TASK PROMPT: Below is a listing. Quote from it, exactly, the lines from the one containing "(t0 now stopped" down to the one containing "(get_pwm_duty_cycles n rate config last now stopped running)", both ends included, and nothing else.
SOURCE RECORDS Start Marker
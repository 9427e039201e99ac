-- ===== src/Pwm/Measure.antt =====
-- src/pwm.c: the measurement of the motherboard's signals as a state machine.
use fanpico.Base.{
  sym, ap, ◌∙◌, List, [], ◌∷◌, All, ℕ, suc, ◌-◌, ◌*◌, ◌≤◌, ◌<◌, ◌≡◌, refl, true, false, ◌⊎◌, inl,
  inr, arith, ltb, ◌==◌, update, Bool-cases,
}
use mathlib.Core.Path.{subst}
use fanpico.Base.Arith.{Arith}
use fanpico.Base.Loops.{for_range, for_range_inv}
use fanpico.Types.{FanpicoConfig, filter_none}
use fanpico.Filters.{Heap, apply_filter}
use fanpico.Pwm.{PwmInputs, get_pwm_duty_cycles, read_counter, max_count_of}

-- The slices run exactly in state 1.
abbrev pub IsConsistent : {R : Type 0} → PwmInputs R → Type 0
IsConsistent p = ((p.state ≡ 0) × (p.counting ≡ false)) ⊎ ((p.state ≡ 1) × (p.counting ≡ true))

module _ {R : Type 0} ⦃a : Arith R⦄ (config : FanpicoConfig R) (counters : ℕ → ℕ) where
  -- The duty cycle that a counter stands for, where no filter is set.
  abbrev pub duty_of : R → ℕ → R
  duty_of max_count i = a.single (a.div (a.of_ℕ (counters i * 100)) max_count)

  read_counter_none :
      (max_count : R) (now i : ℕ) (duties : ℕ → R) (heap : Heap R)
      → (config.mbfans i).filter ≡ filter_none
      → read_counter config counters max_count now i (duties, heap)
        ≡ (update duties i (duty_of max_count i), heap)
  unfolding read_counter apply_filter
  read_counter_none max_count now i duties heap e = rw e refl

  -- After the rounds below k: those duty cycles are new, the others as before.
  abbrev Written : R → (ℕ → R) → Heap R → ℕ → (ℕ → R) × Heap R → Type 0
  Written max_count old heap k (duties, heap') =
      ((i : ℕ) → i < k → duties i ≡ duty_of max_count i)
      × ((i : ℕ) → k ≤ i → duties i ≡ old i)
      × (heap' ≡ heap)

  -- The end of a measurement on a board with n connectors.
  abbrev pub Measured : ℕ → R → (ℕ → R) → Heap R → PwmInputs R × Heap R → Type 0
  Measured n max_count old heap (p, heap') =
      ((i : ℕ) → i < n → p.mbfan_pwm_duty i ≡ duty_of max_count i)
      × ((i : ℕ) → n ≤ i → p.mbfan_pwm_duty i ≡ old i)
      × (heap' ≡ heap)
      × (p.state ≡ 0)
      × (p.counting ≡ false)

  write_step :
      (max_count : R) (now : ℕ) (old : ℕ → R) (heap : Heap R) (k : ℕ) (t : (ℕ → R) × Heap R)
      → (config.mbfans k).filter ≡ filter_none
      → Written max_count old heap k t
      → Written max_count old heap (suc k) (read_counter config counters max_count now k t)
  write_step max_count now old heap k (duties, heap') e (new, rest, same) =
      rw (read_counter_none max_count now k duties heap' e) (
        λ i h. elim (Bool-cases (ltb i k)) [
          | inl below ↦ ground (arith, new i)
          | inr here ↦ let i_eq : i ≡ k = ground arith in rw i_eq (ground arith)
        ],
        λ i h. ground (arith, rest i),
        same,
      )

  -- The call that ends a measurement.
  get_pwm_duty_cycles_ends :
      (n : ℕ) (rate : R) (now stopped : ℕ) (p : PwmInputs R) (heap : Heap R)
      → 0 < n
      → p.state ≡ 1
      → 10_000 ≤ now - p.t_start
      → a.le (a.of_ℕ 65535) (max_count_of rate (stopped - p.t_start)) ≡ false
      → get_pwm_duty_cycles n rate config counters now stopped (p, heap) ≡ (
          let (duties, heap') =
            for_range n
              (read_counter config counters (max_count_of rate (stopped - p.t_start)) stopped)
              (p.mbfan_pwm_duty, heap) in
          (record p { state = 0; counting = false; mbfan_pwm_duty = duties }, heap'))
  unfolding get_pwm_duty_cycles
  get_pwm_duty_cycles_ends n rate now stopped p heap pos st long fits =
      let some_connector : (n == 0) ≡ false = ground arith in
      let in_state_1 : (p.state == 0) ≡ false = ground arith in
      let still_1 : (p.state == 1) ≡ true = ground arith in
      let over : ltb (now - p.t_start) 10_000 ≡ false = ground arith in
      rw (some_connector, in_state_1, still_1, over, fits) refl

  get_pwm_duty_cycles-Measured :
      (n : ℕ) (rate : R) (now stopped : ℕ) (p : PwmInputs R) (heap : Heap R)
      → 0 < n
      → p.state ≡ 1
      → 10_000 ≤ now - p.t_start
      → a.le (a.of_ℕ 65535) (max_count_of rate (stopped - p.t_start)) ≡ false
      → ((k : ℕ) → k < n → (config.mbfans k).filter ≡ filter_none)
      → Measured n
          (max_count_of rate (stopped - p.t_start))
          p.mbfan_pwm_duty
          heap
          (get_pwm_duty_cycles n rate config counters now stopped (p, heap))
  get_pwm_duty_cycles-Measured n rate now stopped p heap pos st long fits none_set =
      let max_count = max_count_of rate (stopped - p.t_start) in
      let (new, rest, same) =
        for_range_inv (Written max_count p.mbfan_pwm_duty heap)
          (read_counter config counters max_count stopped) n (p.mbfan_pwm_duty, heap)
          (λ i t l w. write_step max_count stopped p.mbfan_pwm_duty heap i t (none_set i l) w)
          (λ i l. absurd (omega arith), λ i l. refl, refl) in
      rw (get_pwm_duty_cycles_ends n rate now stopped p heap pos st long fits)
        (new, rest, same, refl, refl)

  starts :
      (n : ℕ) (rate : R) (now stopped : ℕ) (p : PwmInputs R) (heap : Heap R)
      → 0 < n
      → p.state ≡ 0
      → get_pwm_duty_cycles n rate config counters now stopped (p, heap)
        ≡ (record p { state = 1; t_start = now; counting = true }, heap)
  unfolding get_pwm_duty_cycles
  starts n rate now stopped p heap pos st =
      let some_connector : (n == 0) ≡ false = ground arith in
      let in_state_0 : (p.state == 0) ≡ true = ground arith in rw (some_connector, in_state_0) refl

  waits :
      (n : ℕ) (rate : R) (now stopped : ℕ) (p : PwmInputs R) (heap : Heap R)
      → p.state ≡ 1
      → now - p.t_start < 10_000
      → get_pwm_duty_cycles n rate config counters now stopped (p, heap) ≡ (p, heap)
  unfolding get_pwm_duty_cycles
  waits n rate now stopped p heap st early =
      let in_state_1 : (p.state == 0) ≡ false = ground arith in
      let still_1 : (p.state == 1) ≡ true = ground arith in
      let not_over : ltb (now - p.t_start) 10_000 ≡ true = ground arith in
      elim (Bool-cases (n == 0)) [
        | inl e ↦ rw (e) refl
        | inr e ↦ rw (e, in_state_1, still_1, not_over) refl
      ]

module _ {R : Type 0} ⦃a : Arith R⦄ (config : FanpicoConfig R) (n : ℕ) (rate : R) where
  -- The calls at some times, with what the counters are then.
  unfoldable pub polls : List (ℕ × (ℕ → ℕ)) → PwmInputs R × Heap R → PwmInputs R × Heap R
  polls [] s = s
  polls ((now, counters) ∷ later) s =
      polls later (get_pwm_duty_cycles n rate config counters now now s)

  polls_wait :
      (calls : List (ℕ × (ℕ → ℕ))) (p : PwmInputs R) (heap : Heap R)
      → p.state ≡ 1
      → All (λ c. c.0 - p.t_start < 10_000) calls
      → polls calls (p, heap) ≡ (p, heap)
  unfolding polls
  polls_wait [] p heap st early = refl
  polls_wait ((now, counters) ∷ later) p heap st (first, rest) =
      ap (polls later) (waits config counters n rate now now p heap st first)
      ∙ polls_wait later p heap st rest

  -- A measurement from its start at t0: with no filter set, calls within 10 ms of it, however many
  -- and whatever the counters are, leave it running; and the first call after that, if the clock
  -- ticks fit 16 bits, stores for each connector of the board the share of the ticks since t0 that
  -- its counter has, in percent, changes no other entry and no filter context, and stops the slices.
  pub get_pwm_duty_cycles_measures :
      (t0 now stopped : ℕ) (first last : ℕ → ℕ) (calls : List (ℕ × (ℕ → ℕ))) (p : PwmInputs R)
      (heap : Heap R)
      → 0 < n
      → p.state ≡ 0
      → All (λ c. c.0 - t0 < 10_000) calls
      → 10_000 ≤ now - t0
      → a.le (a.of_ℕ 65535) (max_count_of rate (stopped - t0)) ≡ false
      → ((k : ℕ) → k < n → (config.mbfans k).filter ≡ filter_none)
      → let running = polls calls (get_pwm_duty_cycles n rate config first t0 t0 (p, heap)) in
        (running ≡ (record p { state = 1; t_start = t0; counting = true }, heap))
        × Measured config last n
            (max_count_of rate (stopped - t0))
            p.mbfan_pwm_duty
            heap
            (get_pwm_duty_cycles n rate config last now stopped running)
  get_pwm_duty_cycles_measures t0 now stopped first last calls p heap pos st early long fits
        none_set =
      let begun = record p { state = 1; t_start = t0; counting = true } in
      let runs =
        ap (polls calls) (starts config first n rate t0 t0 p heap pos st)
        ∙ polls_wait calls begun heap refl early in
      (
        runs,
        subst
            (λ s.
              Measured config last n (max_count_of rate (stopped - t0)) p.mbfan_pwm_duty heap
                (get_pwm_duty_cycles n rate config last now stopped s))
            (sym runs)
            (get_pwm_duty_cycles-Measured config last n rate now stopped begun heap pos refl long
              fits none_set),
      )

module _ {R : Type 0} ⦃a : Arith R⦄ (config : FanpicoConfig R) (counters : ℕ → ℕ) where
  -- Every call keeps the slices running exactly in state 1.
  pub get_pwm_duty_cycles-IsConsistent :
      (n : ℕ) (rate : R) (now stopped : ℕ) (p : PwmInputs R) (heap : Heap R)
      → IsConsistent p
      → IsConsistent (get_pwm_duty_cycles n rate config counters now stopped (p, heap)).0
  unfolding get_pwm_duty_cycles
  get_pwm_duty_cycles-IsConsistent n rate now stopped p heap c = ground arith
SOURCE RECORDS End Marker
SOURCE RECORDS Start Marker
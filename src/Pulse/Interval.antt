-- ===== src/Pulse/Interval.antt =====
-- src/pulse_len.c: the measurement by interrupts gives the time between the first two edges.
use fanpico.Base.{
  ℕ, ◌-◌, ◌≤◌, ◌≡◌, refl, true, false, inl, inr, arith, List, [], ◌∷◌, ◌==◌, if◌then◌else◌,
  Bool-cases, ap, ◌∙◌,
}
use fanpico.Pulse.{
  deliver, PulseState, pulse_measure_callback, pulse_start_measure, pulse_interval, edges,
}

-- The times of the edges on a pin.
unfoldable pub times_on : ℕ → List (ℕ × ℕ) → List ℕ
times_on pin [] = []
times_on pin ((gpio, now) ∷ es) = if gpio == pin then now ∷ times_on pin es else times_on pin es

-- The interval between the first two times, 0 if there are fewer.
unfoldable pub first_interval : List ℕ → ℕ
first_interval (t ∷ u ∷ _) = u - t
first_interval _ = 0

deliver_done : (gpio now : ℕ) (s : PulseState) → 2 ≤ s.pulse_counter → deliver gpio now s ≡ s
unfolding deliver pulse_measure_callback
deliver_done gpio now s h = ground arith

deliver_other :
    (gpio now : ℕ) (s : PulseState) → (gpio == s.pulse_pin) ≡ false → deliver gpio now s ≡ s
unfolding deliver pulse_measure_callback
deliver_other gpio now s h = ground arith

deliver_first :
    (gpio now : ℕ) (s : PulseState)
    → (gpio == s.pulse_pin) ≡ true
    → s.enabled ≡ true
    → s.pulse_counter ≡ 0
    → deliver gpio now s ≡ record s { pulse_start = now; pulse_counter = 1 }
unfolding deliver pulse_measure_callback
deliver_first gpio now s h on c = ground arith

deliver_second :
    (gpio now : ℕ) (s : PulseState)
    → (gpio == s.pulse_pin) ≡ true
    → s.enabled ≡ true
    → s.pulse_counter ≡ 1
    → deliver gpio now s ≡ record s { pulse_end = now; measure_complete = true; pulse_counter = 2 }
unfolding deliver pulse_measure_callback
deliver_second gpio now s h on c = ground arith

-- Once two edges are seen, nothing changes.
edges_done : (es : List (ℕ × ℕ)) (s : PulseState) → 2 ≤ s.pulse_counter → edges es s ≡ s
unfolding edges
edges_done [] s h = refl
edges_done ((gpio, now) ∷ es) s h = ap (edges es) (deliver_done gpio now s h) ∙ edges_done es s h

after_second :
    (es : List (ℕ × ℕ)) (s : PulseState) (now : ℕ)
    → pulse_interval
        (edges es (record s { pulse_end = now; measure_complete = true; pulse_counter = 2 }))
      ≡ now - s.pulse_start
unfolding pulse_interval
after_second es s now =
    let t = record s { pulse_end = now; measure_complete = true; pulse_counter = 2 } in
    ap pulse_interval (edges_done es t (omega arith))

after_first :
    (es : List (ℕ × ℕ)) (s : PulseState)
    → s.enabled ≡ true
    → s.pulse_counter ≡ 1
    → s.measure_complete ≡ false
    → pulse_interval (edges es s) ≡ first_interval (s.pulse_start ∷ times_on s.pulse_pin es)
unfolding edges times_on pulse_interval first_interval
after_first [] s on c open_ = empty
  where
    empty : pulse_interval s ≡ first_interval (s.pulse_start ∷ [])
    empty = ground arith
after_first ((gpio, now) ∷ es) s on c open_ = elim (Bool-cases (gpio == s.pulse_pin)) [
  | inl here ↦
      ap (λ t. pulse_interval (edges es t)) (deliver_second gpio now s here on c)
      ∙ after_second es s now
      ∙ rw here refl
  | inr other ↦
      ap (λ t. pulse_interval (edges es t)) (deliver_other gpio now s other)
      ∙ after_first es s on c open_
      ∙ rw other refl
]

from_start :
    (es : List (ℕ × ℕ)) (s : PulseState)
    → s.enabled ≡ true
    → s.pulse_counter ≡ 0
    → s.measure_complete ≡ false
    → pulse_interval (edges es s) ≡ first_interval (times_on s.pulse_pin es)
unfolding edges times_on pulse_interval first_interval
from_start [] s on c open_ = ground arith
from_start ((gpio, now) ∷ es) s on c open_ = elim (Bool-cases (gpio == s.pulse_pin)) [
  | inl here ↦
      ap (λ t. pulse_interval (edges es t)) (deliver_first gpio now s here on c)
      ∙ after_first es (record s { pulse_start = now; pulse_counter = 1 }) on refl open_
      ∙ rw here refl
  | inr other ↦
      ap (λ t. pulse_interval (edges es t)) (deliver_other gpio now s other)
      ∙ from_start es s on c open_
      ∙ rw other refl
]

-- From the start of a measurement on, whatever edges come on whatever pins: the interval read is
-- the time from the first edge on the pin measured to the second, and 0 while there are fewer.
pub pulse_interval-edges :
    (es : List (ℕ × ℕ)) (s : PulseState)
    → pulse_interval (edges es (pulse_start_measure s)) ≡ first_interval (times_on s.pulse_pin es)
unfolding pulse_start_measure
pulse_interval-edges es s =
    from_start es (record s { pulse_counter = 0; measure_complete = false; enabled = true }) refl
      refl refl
SOURCE RECORDS End Marker
SOURCE RECORDS Start Marker
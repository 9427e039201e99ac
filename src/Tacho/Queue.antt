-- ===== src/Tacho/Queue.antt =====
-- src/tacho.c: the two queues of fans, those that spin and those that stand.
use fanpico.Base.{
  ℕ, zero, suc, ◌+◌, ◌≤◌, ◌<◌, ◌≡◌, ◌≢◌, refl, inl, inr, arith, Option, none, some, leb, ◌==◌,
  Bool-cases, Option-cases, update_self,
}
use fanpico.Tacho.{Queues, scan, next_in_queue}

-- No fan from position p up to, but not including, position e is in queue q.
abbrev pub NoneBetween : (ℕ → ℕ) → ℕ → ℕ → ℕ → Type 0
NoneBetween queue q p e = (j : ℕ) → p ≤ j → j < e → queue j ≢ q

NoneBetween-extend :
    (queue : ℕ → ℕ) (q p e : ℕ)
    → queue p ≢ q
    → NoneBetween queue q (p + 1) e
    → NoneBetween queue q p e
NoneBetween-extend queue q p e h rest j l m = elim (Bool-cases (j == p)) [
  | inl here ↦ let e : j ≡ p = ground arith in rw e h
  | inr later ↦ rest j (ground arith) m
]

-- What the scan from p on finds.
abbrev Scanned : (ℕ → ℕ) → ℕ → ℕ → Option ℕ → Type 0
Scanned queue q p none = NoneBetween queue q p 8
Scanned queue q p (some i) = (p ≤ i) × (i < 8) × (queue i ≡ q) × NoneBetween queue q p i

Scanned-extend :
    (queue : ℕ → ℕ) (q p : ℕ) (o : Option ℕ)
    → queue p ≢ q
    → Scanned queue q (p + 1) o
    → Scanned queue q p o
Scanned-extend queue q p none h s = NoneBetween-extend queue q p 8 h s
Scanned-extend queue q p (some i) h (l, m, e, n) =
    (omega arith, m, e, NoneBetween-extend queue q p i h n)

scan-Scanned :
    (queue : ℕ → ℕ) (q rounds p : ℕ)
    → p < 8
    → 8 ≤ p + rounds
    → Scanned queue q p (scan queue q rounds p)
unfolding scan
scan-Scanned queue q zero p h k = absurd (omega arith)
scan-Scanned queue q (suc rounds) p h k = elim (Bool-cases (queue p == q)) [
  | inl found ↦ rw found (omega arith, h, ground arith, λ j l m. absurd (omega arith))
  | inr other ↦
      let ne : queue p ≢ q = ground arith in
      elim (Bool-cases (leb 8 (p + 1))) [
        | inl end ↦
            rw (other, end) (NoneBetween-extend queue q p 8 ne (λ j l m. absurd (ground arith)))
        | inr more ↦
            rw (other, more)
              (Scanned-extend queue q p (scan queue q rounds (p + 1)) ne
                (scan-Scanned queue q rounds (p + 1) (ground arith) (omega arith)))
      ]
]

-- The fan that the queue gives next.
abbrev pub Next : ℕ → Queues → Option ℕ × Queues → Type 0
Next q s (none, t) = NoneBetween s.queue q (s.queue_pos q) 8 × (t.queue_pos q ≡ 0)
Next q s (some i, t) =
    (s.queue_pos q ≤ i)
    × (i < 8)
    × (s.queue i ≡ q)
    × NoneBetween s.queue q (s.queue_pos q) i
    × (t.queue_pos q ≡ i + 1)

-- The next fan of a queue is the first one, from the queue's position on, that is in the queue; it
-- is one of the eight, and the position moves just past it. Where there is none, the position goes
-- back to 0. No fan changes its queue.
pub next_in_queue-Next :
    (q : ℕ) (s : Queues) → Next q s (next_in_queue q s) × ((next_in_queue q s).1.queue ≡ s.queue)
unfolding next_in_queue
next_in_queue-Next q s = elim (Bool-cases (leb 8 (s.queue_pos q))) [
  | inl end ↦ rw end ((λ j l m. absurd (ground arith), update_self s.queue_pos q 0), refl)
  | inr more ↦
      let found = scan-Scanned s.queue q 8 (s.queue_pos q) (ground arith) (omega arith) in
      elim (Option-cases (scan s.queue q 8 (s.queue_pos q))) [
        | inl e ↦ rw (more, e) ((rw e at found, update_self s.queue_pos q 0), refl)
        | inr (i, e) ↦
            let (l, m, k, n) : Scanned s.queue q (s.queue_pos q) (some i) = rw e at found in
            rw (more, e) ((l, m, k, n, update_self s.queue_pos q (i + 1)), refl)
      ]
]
SOURCE RECORDS End Marker
ANSWER SPACE:
      (t0 now stopped : ℕ) (first last : ℕ → ℕ) (calls : List (ℕ × (ℕ → ℕ))) (p : PwmInputs R)
      (heap : Heap R)
      → 0 < n
      → p.state ≡ 0
      → All (λ c. c.0 - t0 < 10_000) calls
      → 10_000 ≤ now - t0
      → a.le (a.of_ℕ 65535) (max_count_of rate (stopped - t0)) ≡ false
      → ((k : ℕ) → k < n → (config.mbfans k).filter ≡ filter_none)
      → let running = polls calls (get_pwm_duty_cycles n rate config first t0 t0 (p, heap)) in
        (running ≡ (record p { state = 1; t_start = t0; counting = true }, heap))
        × Measured config last n
            (max_count_of rate (stopped - t0))
            p.mbfan_pwm_duty
            heap
            (get_pwm_duty_cycles n rate config last now stopped running)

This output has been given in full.